Numerically Modeling the Pot of Water on the Stove

Now, let’s say we we build a time-dependent computer model of the stove-pot-lid system. It has equations for the energy input from the flame, and loss of energy from conduction, convection, radiation, and evaporation.

Clearly, we cannot model each component of the energy fluxes exactly, because (1) we can’t even measure them exactly, and (2) even if we could measure them exactly, we cannot exactly model the relevant physical processes. Modeling of real-world systems always involves approximations. We don’t know exactly how much energy is being transferred from the flame to the pot. We don’t know exactly how fast the pot is losing energy to its surroundings from conduction, radiation, and evaporation of water.

But we do know that if we can get a constant water temperature, that those rates of energy gain and energy loss are equal, even though we don’t know their values.

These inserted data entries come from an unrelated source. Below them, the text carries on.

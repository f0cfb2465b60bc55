-- ===== src/Orchestrator/Jobs/Ends.antt =====
-- How a job's end reaches the call that waits on it, or the inbox.
use tacklr.Base.{
  ◌+◌, ◌≡◌, refl, Bool, true, false, not, ◌&&◌, Option, none, some, List, [], ◌∷◌, ◌++◌, append-nil,
  Bytes, is_empty, is_some, text_eq, text_eq_refl, arith, length, count, keep, All, if◌then◌else◌,
  Option-cases, inl, inr, ◌∙◌,
}
use tacklr.Call.{Call, JobResult, call_key}
use tacklr.Orchestrator.State.{State, Job, JobEnd}
use tacklr.Orchestrator.Jobs.{job_message, end_job, job_ended, take_ended, job_runs}

abbrev pub is_ended : Job → Bool
is_ended j = j.ended

abbrev pub runs_on : Job → Bool
runs_on j = not j.ended

-- The job with its end, as the session keeps it for the call that waits on it.
abbrev pub finished_job : Job → JobResult → Job
finished_job j res = record j { ended = true; result = res }

abbrev pub NotNamed : Bytes → List Job → Type 0
NotNamed id = All (λ j. text_eq j.id id ≡ false)

end_job_unknown :
    (end : JobEnd) (jobs : List Job) → NotNamed end.id jobs → end_job end jobs ≡ (jobs, [])
unfolding end_job
end_job_unknown end [] h = refl
end_job_unknown end (j ∷ js) h = ground (arith, end_job_unknown end js h.1)

end_job_known :
    (res : JobResult) (pre post : List Job) (j : Job)
    → NotNamed j.id pre
    → end_job (record { id = j.id; result = res }) (pre ++ j ∷ post) ≡ (
        if is_empty j.call
        then (pre ++ post, job_message j res ∷ [])
        else (pre ++ finished_job j res ∷ post, []))
unfolding end_job
end_job_known res [] post j h = rw (text_eq_refl j.id)
end_job_known res (x ∷ pre) post j h = rw h.0 (ground (arith, end_job_known res pre post j h.1))

-- A job's end, in every case: an end of a job that the session does not run is nothing. The end
-- of a background job becomes one inbox message, and the job is forgotten. A job that a call waits
-- on stays, with its result. No other job, and nothing else of the state, changes.
pub job_ended_lem :
    (t : State) (res : JobResult)
    → ((id : Bytes) → NotNamed id t.jobs → job_ended (record { id = id; result = res }) t ≡ t)
      × ((pre post : List Job) (j : Job)
          → t.jobs ≡ pre ++ j ∷ post
          → NotNamed j.id pre
          → job_ended (record { id = j.id; result = res }) t ≡ (
              if is_empty j.call
              then record t { jobs = pre ++ post; inbox = t.inbox ++ job_message j res ∷ [] }
              else record t { jobs = pre ++ finished_job j res ∷ post }))
unfolding job_ended
job_ended_lem t res = (
  λ id unknown. rw (end_job_unknown (record { id = id; result = res }) t.jobs unknown, append-nil),
  λ pre post j jobs first. ground (arith, end_job_known res pre post j first, append-nil t.inbox),
)

-- What taking ended jobs leaves: the same running jobs, and one ended job fewer for each run.
pub record Taken (jobs : List Job) (runs : List Call) (left : List Job) : Type 0 where
  pub running : keep runs_on left ≡ keep runs_on jobs
  pub fewer : count is_ended left + length runs ≡ count is_ended jobs
  pub given : All (λ c. is_some c.job_end ≡ true) runs

abbrev TakesOne : List Job → Option (JobResult × List Job) → Type 0
TakesOne jobs none = Unit
TakesOne jobs (some (res, left)) =
    (keep runs_on left ≡ keep runs_on jobs) × (count is_ended left + 1 ≡ count is_ended jobs)

take_ended-TakesOne : (key : Bytes) (jobs : List Job) → TakesOne jobs (take_ended key jobs)
unfolding take_ended
take_ended-TakesOne key [] = tt
take_ended-TakesOne key (j ∷ js) = ground (arith, take_ended-TakesOne key js)

-- Giving the round's calls their jobs' results loses no running job: those stay, in order. Each
-- ended job that is taken becomes one run, which carries its result.
pub job_runs-Taken :
    (calls : List Call) (jobs : List Job)
    → Taken jobs (job_runs calls jobs).0 (job_runs calls jobs).1
unfolding job_runs
job_runs-Taken [] jobs = record { running = refl; fewer = omega arith; given = tt }
job_runs-Taken (c ∷ cs) jobs = elim (Option-cases (take_ended (call_key c) jobs)) [
  | inl absent ↦ rw (absent, job_runs) (job_runs-Taken cs jobs)
  | inr (taken, found) ↦
      let one : TakesOne jobs (some taken) = rw found at (take_ended-TakesOne (call_key c) jobs) in
      let rest = job_runs-Taken cs taken.1 in
      rw (found, job_runs)
        (record {
          running = rest.running ∙ one.0;
          fewer = omega (arith, one.1, rest.fewer);
          given = (refl, rest.given);
        })
]

-- No ended job of the call stands before.
abbrev pub NotDue : Bytes → List Job → Type 0
NotDue key = All (λ j. (j.ended && text_eq j.call key) ≡ false)

take_ended-append :
    (res : JobResult) (pre post : List Job) (j : Job)
    → NotDue j.call pre
    → take_ended j.call (pre ++ finished_job j res ∷ post) ≡ some (res, pre ++ post)
unfolding take_ended
take_ended-append res [] post j h = rw (text_eq_refl j.call)
take_ended-append res (x ∷ pre) post j h =
    rw h.0 (ground (arith, take_ended-append res pre post j h.1))

job_runs_one :
    (c : Call) (jobs : List Job) (res : JobResult) (left : List Job)
    → take_ended (call_key c) jobs ≡ some (res, left)
    → job_runs (c ∷ []) jobs ≡ (record c { job_end = some res } ∷ [], left)
unfolding job_runs
job_runs_one c jobs res left h = rw (h, job_runs)

end_job_waited :
    (jobs : List Job) (res : JobResult) (pre post : List Job) (j : Job)
    → jobs ≡ pre ++ j ∷ post
    → NotNamed j.id pre
    → is_empty j.call ≡ false
    → (end_job (record { id = j.id; result = res }) jobs).0 ≡ pre ++ finished_job j res ∷ post
end_job_waited jobs res pre post j same first waited =
    ground (arith, end_job_known res pre post j first)

-- The end of a job that a call waits on runs that call with the job's result, and the job is gone.
pub end-reaches_call :
    (t : State) (res : JobResult) (pre post : List Job) (j : Job) (c : Call)
    → t.jobs ≡ pre ++ j ∷ post
    → NotNamed j.id pre
    → is_empty j.call ≡ false
    → call_key c ≡ j.call
    → NotDue j.call pre
    → job_runs (c ∷ []) (job_ended (record { id = j.id; result = res }) t).jobs
      ≡ (record c { job_end = some res } ∷ [], pre ++ post)
unfolding job_ended
end-reaches_call t res pre post j c jobs first waited key due =
    rw (end_job_waited t.jobs res pre post j jobs first waited)
      (job_runs_one c _ res (pre ++ post) (rw key (take_ended-append res pre post j due)))
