-- ===== src/Orchestrator/Jobs/Starts.antt =====
-- What a call's starts add to the session's jobs.
use tacklr.Base.{
  ℕ, suc, ◌≡◌, refl, ap, sym, ◌∙◌, none, List, [], ◌∷◌, ◌++◌, map, append_assoc, append-nil, take,
  inl, inr, Option-cases,
}
use tacklr.Call.{Call, JobStart}
use tacklr.Orchestrator.State.{Job}
use tacklr.Orchestrator.Runtime.{Runtime}
use tacklr.Orchestrator.Jobs.{started_job, start_each}

module _ {W : Type 0} (rt : Runtime W) where
  -- The jobs after the starts are those before, then the jobs of the starts up to the first that
  -- the runtime refuses: all of them when it refuses none. No job of a refused start stays.
  pub start_each-prefix :
      (c : Call) (starts : List JobStart) (jobs : List Job) (w : W)
      → (k : ℕ) × ((start_each rt c starts jobs w).1 ≡ jobs ++ map (started_job c) (take k starts))
        × ((start_each rt c starts jobs w).0 ≡ none → take k starts ≡ starts)
  unfolding start_each
  start_each-prefix c [] jobs w = (0, sym (append-nil jobs), λ _. refl)
  start_each-prefix c (s ∷ ss) jobs w = elim (Option-cases (rt.start_job s w).0) [
    | inl started ↦
        let (k, rest, all_started) =
          start_each-prefix c ss (jobs ++ started_job c s ∷ []) (rt.start_job s w).1 in
        (
          suc k,
          rw (started, start_each) (rest ∙ append_assoc jobs (started_job c s ∷ []) _),
          λ none_failed. ap (◌∷◌ s) (all_started (rw (started, start_each) at none_failed)),
        )
    | inr (e, refused) ↦ (
      0,
      rw (refused, start_each) (sym (append-nil jobs)),
      λ none_failed. absurd (cc (rw (refused, start_each) at none_failed)),
    )
  ]
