-- ===== src/Orchestrator/Rounds.antt =====
-- The open round (turn.go): which calls run next, and how their runs are put back.
pub mod Next
pub mod Parks
pub mod World
pub mod Finishes
pub mod Shadowed
mod Tests
use tacklr.Base.{
  ℕ, zero, suc, Bool, true, false, not, ◌&&◌, ◌||◌, Option, none, some, List, [], ◌∷◌, ◌++◌, Bytes,
  codes, text_eq, ◌==◌, Dict, lookup, find_index?, get_elem?, set, is_some, any, if◌then◌else◌,
}
use tacklr.Failure.{Failure, Result, ok, err, wrap, interrupt_not_found, join}
use tacklr.Call.{Call, Park, Round, new_call, call_key, is_parked, is_pending, waits, parked}
use tacklr.Orchestrator.State.{State, Job}
use tacklr.Orchestrator.Runtime.{Runtime, Sys}
use tacklr.Orchestrator.Jobs.{start_jobs}

-- `unknownAnswer`: an error when an answer is to another id.
unfoldable pub unknown_answer : Dict Bytes → Bytes → Result (Unit {0})
unknown_answer [] id = ok tt
unknown_answer ((key, _) ∷ rest) id =
    if text_eq key id
    then unknown_answer rest id
    else err (wrap (codes "no tool call id found for interrupt") interrupt_not_found)

abbrev pub cons_run : Call → Option (List Call) → Option (List Call)
cons_run c none = none
cons_run c (some cs) = some (c ∷ cs)

-- The loop of `runs`, where the first index is the parked call's place in the calls left, and the
-- answer is the one to its interrupt. `none`: the call is still parked, so nothing runs.
unfoldable pub runs_from : Option ℕ → Option Bytes → List Call → Option (List Call)
runs_from p answer [] = some []
runs_from none answer (c ∷ cs) =
    let rest = runs_from none answer cs in if not (is_pending c) then rest else cons_run c rest
runs_from (some zero) answer (c ∷ cs) =
    let rest = runs_from none answer cs in
    elim answer [ none ↦ none | some a ↦ cons_run (record c { answer = some a }) rest ]
runs_from (some (suc i)) answer (c ∷ cs) =
    let rest = runs_from (some i) answer cs in if not (is_pending c) then rest else cons_run c rest

-- The interrupt id of the parked call, "" with none.
abbrev pub park_id : Option Park → Bytes
park_id none = []
park_id (some p) = p.interrupt_id

abbrev pub park_at : Option ℕ → List Call → Option Park
park_at none calls = none
park_at (some i) [] = none
park_at (some zero) (c ∷ cs) = c.park
park_at (some (suc i)) (c ∷ cs) = park_at (some i) cs

abbrev pub or_nothing : Option (List Call) → List Call
or_nothing none = []
or_nothing (some cs) = cs

-- `State.runs`
unfoldable pub runs : List Call → Dict Bytes → Result (List Call)
unfolding unknown_answer runs_from
runs calls resume =
    let id = park_id (park_at (parked calls) calls) in
    elim (unknown_answer resume id) [
      | err e ↦ err e
      | ok _ ↦ ok (or_nothing (runs_from (parked calls) (lookup id resume) calls))
    ]

-- `State.waits`
abbrev pub any_waits : List Call → Bool
any_waits calls = any waits calls

-- Whether `r.Parked()` is another call than the one at `i`: `r.Parked() >= 0 && r.Parked() != i`.
abbrev pub other_parked : Option ℕ → ℕ → Bool
other_parked none i = false
other_parked (some p) i = not (p == i)

-- The call that `record` keeps at `i` of a run: a call that parks while another is parked runs
-- again later.
unfoldable pub kept_call : List Call → ℕ → Call → Call
kept_call calls i c =
    if is_parked c && other_parked (parked calls) i then new_call c.tool c.timeout else c

-- Whether `record` counts the run: then it starts and cancels the jobs that the run asks for.
unfoldable pub counts : List Call → ℕ → Call → Bool
counts calls i c = not (is_parked c && other_parked (parked calls) i)

-- What `record` changes: the round's calls, the jobs, the runtime's world, and the errors so far.
pub record Recorded (W : Type 0) : Type 0 where
  pub calls : List Call
  pub jobs : List Job
  pub world : W
  pub errors : List Failure

abbrev pub failures : Option Failure → List Failure
failures none = []
failures (some e) = e ∷ []

module _ {W : Type 0} (rt : Runtime W) where
  -- The jobs that a counted run asks for are cancelled and started.
  launched : Bool → Call → Recorded W → Option Failure × List Job × W
  launched false c s = (none, s.jobs, s.world)
  launched true c s = start_jobs rt c s.jobs s.world

  -- The loop's body, for the run of the call at `i`.
  unfoldable pub record_at : ℕ → Call → Recorded W → Recorded W
  unfolding launched
  record_at i c s =
      let (failed, jobs, world) = launched (counts s.calls i c) c s in
      record {
        calls = set s.calls i (kept_call s.calls i c);
        jobs = jobs;
        world = world;
        errors = s.errors ++ failures failed;
      }

  -- The run of the call at the index; `none` is the panic on a call that is not of the round.
  record_found : Option ℕ → Call → Recorded W → Option (Recorded W)
  record_found none c s = none
  record_found (some i) c s = some (record_at i c s)

  -- A run whose step failed changes nothing of the round.
  record_outcome : Option Failure → Call → Recorded W → Option (Recorded W)
  unfolding record_found
  record_outcome (some e) c s = some (record s { errors = s.errors ++ e ∷ [] })
  record_outcome none c s =
      record_found (find_index? (λ rc. text_eq (call_key rc) (call_key c)) s.calls) c s

  -- One run of the loop of `record`.
  unfoldable pub record_call : Call → Recorded W → Option (Recorded W)
  unfolding record_outcome
  record_call c s = record_outcome c.failure c s

  -- `State.record`
  unfoldable pub record_calls : List Call → Recorded W → Option (Recorded W)
  unfolding record_call
  record_calls [] s = some s
  record_calls (c ∷ cs) s = elim (record_call c s) [ none ↦ none | some s' ↦ record_calls cs s' ]
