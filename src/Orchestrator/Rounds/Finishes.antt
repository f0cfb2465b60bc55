-- ===== src/Orchestrator/Rounds/Finishes.antt =====
-- Putting back the runs of a round whose calls all finish (`record` of turn.go).
use tacklr.Base.{
  ◌≡◌, refl, sym, ap, ◌∙◌, subst, ℕ, Bool, true, false, Option, none, some, List, [], ◌∷◌, ◌++◌,
  map, append_assoc, lookup, Bytes, text_eq, text_eq_refl, any, any-map, All, find_index?, set,
  length, arith,
}
use tacklr.Failure.{Failure, ok}
use tacklr.Message.{ToolCall}
use tacklr.Call.{Call, call_key, calls_of, is_complete, parked}
use tacklr.Orchestrator.State.{Job}
use tacklr.Orchestrator.Runtime.{Runtime}
use tacklr.Orchestrator.Jobs.{cancel_asked, start_each, start_jobs}
use tacklr.Orchestrator.Rounds.{
  unknown_answer, runs_from, runs, kept_call, counts, Recorded, launched, record_at, record_found,
  record_outcome, record_call, record_calls,
}

-- No key of the second list occurs before it.
abbrev pub DistinctAfter : List Bytes → List Bytes → Type 0
DistinctAfter before [] = Unit
DistinctAfter before (k ∷ ks) =
    (any (λ j. text_eq j k) before ≡ false) × DistinctAfter (before ++ k ∷ []) ks

-- A run that ended with the call's result, and asked for nothing else.
pub record Finished (c : Call) : Type 0 where
  pub done : c.done ≡ true
  pub failure : c.failure ≡ none
  pub starts : c.starts ≡ []
  pub cancels : c.cancels ≡ []

find_index?-append :
    (p : Call → Bool) (before : List Call) (c : Call) (rest : List Call)
    → any p before ≡ false
    → p c ≡ true
    → find_index? p (before ++ c ∷ rest) ≡ some (length before)
find_index?-append p [] c rest h here = ground (arith, here)
find_index?-append p (x ∷ before) c rest h here =
    ground (arith, h, here, find_index?-append p before c rest)

set-append :
    (before : List Call) (c v : Call) (rest : List Call)
    → set (before ++ c ∷ rest) (length before) v ≡ before ++ v ∷ rest
set-append [] c v rest = refl
set-append (x ∷ before) c v rest = ap (◌∷◌ x) (set-append before c v rest)

keys-append :
    (before : List Call) (c : Call)
    → map call_key (before ++ c ∷ []) ≡ map call_key before ++ call_key c ∷ []
keys-append [] c = refl
keys-append (x ∷ before) c = ap (◌∷◌ (call_key x)) (keys-append before c)

module _ {W : Type 0} (rt : Runtime W) where
  abbrev pub recorded_from : List Call → List Job → W → List Failure → Recorded W
  recorded_from calls jobs w errors = record {
    calls = calls;
    jobs = jobs;
    world = w;
    errors = errors;
  }

  Finished-at :
      (c : Call) (i : ℕ) (calls : List Call) (jobs : List Job) (w : W)
      → Finished c
      → record_at rt i c (recorded_from calls jobs w []) ≡ recorded_from (set calls i c) jobs w []
  unfolding record_at launched kept_call counts start_jobs cancel_asked start_each
  Finished-at c i calls jobs w f = rw (f.done, f.starts, f.cancels) refl

  -- The run of the first call that has not run yet is found by its key, and put back.
  record_next :
      (c old : Call) (before rest : List Call) (jobs : List Job) (w : W)
      → Finished c
      → call_key c ≡ call_key old
      → any (λ j. text_eq j (call_key c)) (map call_key before) ≡ false
      → record_call rt c (recorded_from (before ++ old ∷ rest) jobs w [])
        ≡ some (recorded_from (before ++ c ∷ rest) jobs w [])
  unfolding record_call record_outcome record_found
  record_next c old before rest jobs w f same fresh =
      let p = λ (x : Call). text_eq (call_key x) (call_key c) in
      let found : find_index? p (before ++ old ∷ rest) ≡ some (length before) =
        find_index?-append p before old rest
          (sym (any-map (λ j. text_eq j (call_key c)) call_key before) ∙ fresh)
          (subst (λ k. text_eq k (call_key c) ≡ true) same (text_eq_refl (call_key c))) in
      let st = recorded_from (before ++ old ∷ rest) jobs w [] in
      ap (λ o. record_outcome rt o c st) f.failure
      ∙ (ap (λ o. record_found rt o c st) found
          ∙ ap some (
              Finished-at c (length before) (before ++ old ∷ rest) jobs w f
              ∙ ap (λ cs. recorded_from cs jobs w []) (set-append before old c rest)))

  record-All :
      (runs calls before : List Call) (jobs : List Job) (w : W)
      → All Finished runs
      → map call_key runs ≡ map call_key calls
      → DistinctAfter (map call_key before) (map call_key runs)
      → record_calls rt runs (recorded_from (before ++ calls) jobs w [])
        ≡ some (recorded_from (before ++ runs) jobs w [])
  unfolding record_calls
  record-All [] [] before jobs w done same distinct = refl
  record-All [] (c ∷ calls) before jobs w done same distinct = absurd (cc same)
  record-All (r ∷ runs) [] before jobs w done same distinct = absurd (cc same)
  record-All (r ∷ runs) (c ∷ calls) before jobs w (first, rest) same (fresh, distinct) =
      let here : call_key r ≡ call_key c = cc same in
      let later : map call_key runs ≡ map call_key calls = cc same in
      let spread = λ (xs : List Call). append_assoc before (r ∷ []) xs in
      rw (record_next r c before calls jobs w first here fresh, record_calls)
        (subst
          (λ xs.
            record_calls rt runs (recorded_from xs jobs w [])
            ≡ some (recorded_from (before ++ r ∷ runs) jobs w []))
          (spread calls)
          (subst
            (λ xs.
              record_calls rt runs (recorded_from ((before ++ r ∷ []) ++ calls) jobs w [])
              ≡ some (recorded_from xs jobs w []))
            (spread runs)
            (record-All runs calls (before ++ r ∷ []) jobs w rest later (
              subst (λ ks. DistinctAfter ks (map call_key runs)) (sym (keys-append before r))
                distinct))))

  pub record_calls-Finished :
      (runs calls : List Call) (jobs : List Job) (w : W)
      → All Finished runs
      → map call_key runs ≡ map call_key calls
      → DistinctAfter [] (map call_key calls)
      → record_calls rt runs (recorded_from calls jobs w []) ≡ some (recorded_from runs jobs w [])
  record_calls-Finished runs calls jobs w done same distinct =
      record-All runs calls [] jobs w done same (subst (DistinctAfter []) (sym same) distinct)

pub Finished-is_complete : (runs : List Call) → All Finished runs → is_complete runs ≡ true
Finished-is_complete [] h = refl
Finished-is_complete (c ∷ runs) (this, rest) =
    ground (arith, this.done, Finished-is_complete runs rest)

-- The calls of a new round are all pending: none of them is done or parked.
fresh_parked : (tcs : List ToolCall) (ts : List ℕ) → parked (calls_of tcs ts) ≡ none
unfolding calls_of
fresh_parked [] ts = refl
fresh_parked (tc ∷ tcs) [] = rw (fresh_parked tcs []) refl
fresh_parked (tc ∷ tcs) (t ∷ ts) = rw (fresh_parked tcs ts) refl

fresh_runs :
    (answer : Option Bytes) (tcs : List ToolCall) (ts : List ℕ)
    → runs_from none answer (calls_of tcs ts) ≡ some (calls_of tcs ts)
unfolding calls_of runs_from
fresh_runs answer [] ts = refl
fresh_runs answer (tc ∷ tcs) [] = rw (fresh_runs answer tcs []) refl
fresh_runs answer (tc ∷ tcs) (t ∷ ts) = rw (fresh_runs answer tcs ts) refl

pub runs-fresh :
    (tcs : List ToolCall) (ts : List ℕ) → runs (calls_of tcs ts) [] ≡ ok (calls_of tcs ts)
unfolding runs unknown_answer
runs-fresh tcs ts = rw (fresh_parked tcs ts, fresh_runs (lookup [] []) tcs ts) refl

-- A call of a new round, and the rest of its calls.
pub fresh_first :
    (tc : ToolCall) (tcs : List ToolCall) (ts : List ℕ)
    → (c : Call) × (cs : List Call) × (calls_of (tc ∷ tcs) ts ≡ c ∷ cs)
      × (is_complete (calls_of (tc ∷ tcs) ts) ≡ false)
unfolding calls_of
fresh_first tc tcs [] = (_, _, refl, refl)
fresh_first tc tcs (t ∷ ts) = (_, _, refl, refl)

Thus, we can either make ad-hoc bias adjustments to the various energy fluxes to get as close to the desired water temperature as we want (this is what climate models used to do many years ago); or, we can make more physically-based adjustments because every computation of physical processes that affect energy transfer has uncertainties, say, a coefficient of turbulent heat loss to the air from the pot. This is what model climate models do today for adjustments.

If we then take the resulting “pot model” (ha-ha) that produces a water temperature of 150 deg. F as it is integrated over time, with all of its uncertain physical approximations or ad-hoc energy flux corrections, and run it with a little more coverage of the pot by the lid, we know the modeled water temperature will increase. That part of the physics is still in the model.

Example Pot Model (Getty images).

This is why climate models can have uncertain energy fluxes, with substantial known (or even unknown) errors in their energy flux components, and still be run with increasing CO2 to produce warming, even though that CO2 effect might be small compared to the errors. The errors have been adjusted so they sum to zero in the long-term average.

This directly contradicts the succinctly-stated main conclusion of Frank’s paper:

“LWCF [longwave cloud forcing] calibration error is +/- 144 x larger than the annual average increase in GHG forcing. This fact alone makes any possible global effect of anthropogenic CO2 emissions invisible to present climate models.”

I’m not saying this is ideal, or even a defense of climate model projections. Climate models should ideally produce results entirely based upon physical first principles. For the same forcing scenario (e.g. a doubling of atmospheric CO2) twenty different models should all produce about the same amount of future surface warming. They don’t.

Instead, after 30 years and billions of dollars of research they still produce from 1.5 to 4.5 deg. C of warming in response to doubling of atmospheric CO2.

The Big Question

The big question is, “How much will the climate system warm in response to increasing CO2?” The answer depends not so much upon uncertainties in the component energy fluxes in the climate system, as Frank claims, but upon how those energy fluxes change as the temperature changes.

And that’s what determines “climate sensitivity”.

This is why people like myself and Lindzen emphasize so-called “feedbacks” (which determine climate sensitivity) as the main source of uncertainty in global warming projections.